*What you are asked to do*:
Keep each line of the material that includes "zero", and leave out the rest.

□ □ □ □

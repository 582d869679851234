-- ===== src/Lookup/Start/Flags.antt =====
-- convert_nameinfo_flag of src/lookup.c against the flags bit by bit.
use jega.Base.{
  ltb, ◌==◌, if◌then◌else◌, Bool-cases, Option-cases, ℕ, zero, suc, ◌+◌, ◌-◌, ◌*◌, ◌/◌, ◌%◌, ◌<◌,
  ◌≡◌, refl, sym, ap, ◌∙◌, inl, inr, Bool, true, false, ◌&&◌, Option, none, some, List, [], ◌∷◌,
  arith, dec_lt, ℕ_discrete,
}
use jega.Lookup.Start.{flag_map, has_flag, convert_flags, convert_nameinfo_flag}

-- The bits of the five flags in the places that c-ares gives them, with the two that ask for host and
-- service.
abbrev pub ares_bits : ℕ → ℕ
ares_bits flag =
    768
    + 2 * (flag % 2)
    + 8 * (flag / 2 % 2)
    + flag / 4 % 2
    + 4 * (flag / 8 % 2)
    + 16 * (flag / 16 % 2)

-- The flags that a map still has to take.
abbrev total : List (ℕ × ℕ) → ℕ
total [] = 0
total ((n, ares) ∷ rest) = n + total rest

convert_flags-none :
    (entries : List (ℕ × ℕ)) (flag tmp nameflg : ℕ)
    → total entries < tmp
    → convert_flags entries flag tmp nameflg ≡ none
unfolding convert_flags
convert_flags-none [] flag tmp nameflg big = refl
convert_flags-none ((n, ares) ∷ rest) flag tmp nameflg big = elim (Bool-cases (has_flag flag n)) [
  | inl set_bit ↦
      rw set_bit
        (ground (arith, convert_flags-none rest flag (tmp - n) (nameflg + ares) (omega arith)))
  | inr clear ↦ rw clear (ground (arith, convert_flags-none rest flag tmp nameflg (omega arith)))
]

-- A function gives `some` of another at every number below a bound.
agrees_below : ℕ → (ℕ → Option ℕ) → (ℕ → ℕ) → Bool
agrees_below zero f g = true
agrees_below (suc n) f g = (elim (f n) [ none ↦ false | some k ↦ k == g n ]) && agrees_below n f g

agrees_below_sound :
    (n : ℕ) (f : ℕ → Option ℕ) (g : ℕ → ℕ) (x : ℕ)
    → agrees_below n f g ≡ true
    → x < n
    → f x ≡ some (g x)
unfolding agrees_below
agrees_below_sound zero f g x h lt = absurd (omega arith)
agrees_below_sound (suc n) f g x h lt = elim (ℕ_discrete n x) [
  | yes e ↦ elim (Option-cases (f n)) [
    | inl gone ↦ ground (arith, gone, e)
    | inr (k, found) ↦
        ap f (sym e) ∙ found ∙ ap some (ground (arith, found)) ∙ ap (λ i. some (g i)) e
  ]
  | no ne ↦ agrees_below_sound n f g x (ground arith) (omega (arith, ne))
]

small_flags : agrees_below 32 convert_nameinfo_flag ares_bits ≡ true
unfolding agrees_below convert_nameinfo_flag convert_flags
small_flags = refl

-- Five flags, in any combination, become those of c-ares, and any other bit is refused.
pub convert_nameinfo_flag-bits :
    (flag : ℕ) → convert_nameinfo_flag flag ≡ (if ltb flag 32 then some (ares_bits flag) else none)
unfolding convert_nameinfo_flag
convert_nameinfo_flag-bits flag = elim (dec_lt flag 32) [
  | yes small ↦
      agrees_below_sound 32 convert_nameinfo_flag ares_bits flag small_flags small ∙ ground arith
  | no large ↦ convert_flags-none flag_map flag flag 768 (omega arith) ∙ ground arith
]
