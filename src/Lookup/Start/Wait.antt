-- ===== src/Lookup/Start/Wait.antt =====
-- wait_lookup of src/lookup.c: what it returns, and what is left of the context.
use jega.Base.{
  if◌then◌else◌, ==_iff, fault, ok, ℕ, zero, suc, ◌<◌, ◌≡◌, refl, ap, ◌∙◌, Bool, true, false, ◌||◌,
  Option, none, some, List, arith,
}
use jega.Lookup.{HostEntry, Context, World, Status, is_ended, dealloc_ctx, gethostbyname_ex_cb}
use jega.Lookup.Start.{wait_loop, wait_lookup}

module _ {Rest : Type 0} (loop_switch : World Rest → Bool × World Rest) (p : ℕ) where
  -- `n` switches in a row come back without an error, each from a world in which nothing has called
  -- back and no exception is set.
  pub data Waits : ℕ → World Rest → World Rest → Type 0 where
    arrived : {w : World Rest} → Waits 0 w w
    switched :
        {n m : ℕ} {w v t : World Rest} {c : Context}
        → w.contexts p ≡ some c
        → c.called ≡ false
        → w.error ≡ false
        → loop_switch w ≡ (true, v)
        → Waits n v t
        → m ≡ suc n
        → Waits m w t

  wait_loop-arrives :
      (fuel n : ℕ) (w t : World Rest) (c : Context)
      → Waits n w t
      → t.contexts p ≡ some c
      → (c.called || t.error) ≡ true
      → n < fuel
      → wait_loop loop_switch fuel w p ≡ ok t
  unfolding wait_loop
  wait_loop-arrives zero n w t c waits at over enough = absurd (omega arith)
  wait_loop-arrives (suc fuel) n w t c arrived at over enough = ground (arith, at, over)
  wait_loop-arrives (suc fuel) n w t c (switched {n = k} {v = v} here early calm back rest more) at
        over enough =
      ground
        (arith, here, early, calm, back, wait_loop-arrives fuel k v t c rest at over (omega arith))

  -- A lookup that switches to the loop until its callback has been called, or an exception is set,
  -- returns what its context holds then, and its context is freed; all else is as it was then. It needs
  -- switches that come back without an error, and fuel for them and one more round.
  pub wait_lookup-answers :
      (fuel n : ℕ) (w t : World Rest) (c : Context)
      → Waits n w t
      → t.contexts p ≡ some c
      → (c.called || t.error) ≡ true
      → n < fuel
      → wait_lookup loop_switch fuel w p ≡ ok (c.result, dealloc_ctx t p)
  unfolding wait_lookup
  wait_lookup-answers fuel n w t c waits at over enough =
      let runs = wait_loop-arrives fuel n w t c waits at over enough in
      rw runs (ground (arith, at, over))

  module _ (switch : Option ℕ → World Rest → World Rest) (ntop : ℕ → List ℕ → Option (List ℕ)) where
    freed : (u : World Rest) (q : ℕ) → (dealloc_ctx u q).contexts q ≡ none
    freed u q = ap (λ b. if b then none else u.contexts q) ((==_iff q q).1 refl)

    -- When the switch fails, with an exception set, before the callback has been called, the context is
    -- freed all the same, and when c-ares calls the callback of gethostbyname_ex afterwards, with any
    -- outcome but the end of its channel, the callback uses a block that is not allocated, whatever
    -- happened in between, as long as the block was not allocated again.
    pub wait_lookup-dangles :
        (fuel : ℕ) (w v : World Rest) (c d : Context) (later : World Rest → World Rest)
        (status : Status) (host : Option HostEntry) (utf8 : List ℕ → Bool)
        → w.contexts p ≡ some c
        → c.called ≡ false
        → w.error ≡ false
        → loop_switch w ≡ (false, v)
        → v.contexts p ≡ some d
        → v.error ≡ true
        → ((u : World Rest) → (later u).contexts p ≡ u.contexts p)
        → is_ended status ≡ false
        → (wait_lookup loop_switch (suc fuel) w p ≡ ok (d.result, dealloc_ctx v p))
          × (gethostbyname_ex_cb switch ntop utf8 (later (dealloc_ctx v p)) p status host ≡ fault)
    unfolding wait_lookup wait_loop gethostbyname_ex_cb
    wait_lookup-dangles fuel w v c d later status host utf8 at early calm back then_at fails same
          ended =
        let free : (later (dealloc_ctx v p)).contexts p ≡ none =
          same (dealloc_ctx v p) ∙ freed v p in
        (ground (arith, at, early, calm, back, then_at, fails), ground (arith, free, ended))
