-- ===== src/Lookup/Start/Tests.antt =====
-- A lookup whose callback comes in the second switch, one that is interrupted, and the theorems there.
use jega.Base.{
  ltb, ◌==◌, if◌then◌else◌, fault, ok, ℕ, ◌+◌, ◌≡◌, refl, Bool, true, false, ◌&&◌, Option, none,
  some, List, [], ◌∷◌, arith,
}
use jega.Sockets.{af_inet}
use jega.Lookup.{
  HostEntry, name_text, Context, World, success, gethost_data, new_context, put_context,
  dealloc_ctx, gethostbyname_ex_cb,
}
use jega.Lookup.Start.{wait_lookup, convert_nameinfo_flag}
use jega.Lookup.Start.Flags.{convert_nameinfo_flag-bits}
use jega.Lookup.Start.Wait.{arrived, switched, wait_lookup-answers, wait_lookup-dangles}

abbrev waiting_context : Context
waiting_context = new_context 1

-- The rest of the world counts the switches.
abbrev asked_world : World ℕ
asked_world = record {
  contexts = λ p. if p == 5 then some waiting_context else none;
  error = false;
  rest = 0;
}

abbrev answered_context : Context
answered_context = record waiting_context { called = true; result = some (name_text (b'h' ∷ [])) }

abbrev one_switch : World ℕ → Bool × World ℕ
one_switch w = (true, record w { rest = w.rest + 1 })

-- The callback is called in the second switch.
abbrev second_switch : World ℕ → Bool × World ℕ
second_switch w =
    if w.rest == 1
    then (true, record (put_context w 5 (some answered_context)) { rest = 2 })
    else one_switch w

abbrev switched_once : World ℕ
switched_once = record asked_world { rest = 1 }

abbrev answered_world : World ℕ
answered_world = record (put_context switched_once 5 (some answered_context)) { rest = 2 }

wait_lookup-answers_example :
    wait_lookup second_switch 3 asked_world 5
    ≡ ok (some (name_text (b'h' ∷ [])), dealloc_ctx answered_world 5)
wait_lookup-answers_example =
    wait_lookup-answers second_switch 5 3 2 asked_world answered_world answered_context
      (switched {n = 1} {v = switched_once} {c = waiting_context} refl refl refl refl
        (switched {n = 0} {v = answered_world} {c = waiting_context} refl refl refl refl arrived
          refl)
        refl)
      refl refl (omega arith)

-- A timeout is thrown into the greenlet: the switch fails.
abbrev timed_out : World ℕ → Bool × World ℕ
timed_out w = (false, record w { error = true })

abbrev failed_world : World ℕ
failed_world = record asked_world { error = true }

abbrev no_text : ℕ → List ℕ → Option (List ℕ)
no_text family address = none

-- Bytes below 128 are a text.
abbrev ascii : List ℕ → Bool
ascii [] = true
ascii (b ∷ rest) = ltb b 128 && ascii rest

wait_lookup-dangles_example :
    (wait_lookup timed_out 1 asked_world 5 ≡ ok (none, dealloc_ctx failed_world 5))
    × (gethostbyname_ex_cb (λ g w. w) no_text ascii (dealloc_ctx failed_world 5) 5 success none
        ≡ fault)
wait_lookup-dangles_example =
    wait_lookup-dangles timed_out 5 (λ g w. w) no_text 0 asked_world failed_world waiting_context
      waiting_context (λ w. w) success none ascii refl refl refl refl refl refl (λ u. refl) refl

-- The address is its own text.
abbrev as_text : ℕ → List ℕ → Option (List ℕ)
as_text family address = some address

abbrev a_host : HostEntry
a_host = record {
  h_name = b'h' ∷ [];
  h_aliases = some ((b'h' ∷ []) ∷ (b'g' ∷ []) ∷ []);
  h_addrtype = af_inet;
  h_length = 1;
  h_addr_list = (1 ∷ []) ∷ (2 ∷ []) ∷ [];
}

-- An alias that is no text.
no_alias_text :
    gethost_data as_text ascii (record a_host { h_aliases = some ((200 ∷ []) ∷ []) }) ≡ none
unfolding gethost_data
no_alias_text = refl

two_flags : convert_nameinfo_flag 5 ≡ some 771
two_flags = convert_nameinfo_flag-bits 5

□ □ □ □

*Answer section*:
  ltb, ◌==◌, if◌then◌else◌, Bool-cases, Option-cases, ℕ, zero, suc, ◌+◌, ◌-◌, ◌*◌, ◌/◌, ◌%◌, ◌<◌,
agrees_below zero f g = true
agrees_below_sound zero f g x h lt = absurd (omega arith)
  if◌then◌else◌, ==_iff, fault, ok, ℕ, zero, suc, ◌<◌, ◌≡◌, refl, ap, ◌∙◌, Bool, true, false, ◌||◌,
  wait_loop-arrives zero n w t c waits at over enough = absurd (omega arith)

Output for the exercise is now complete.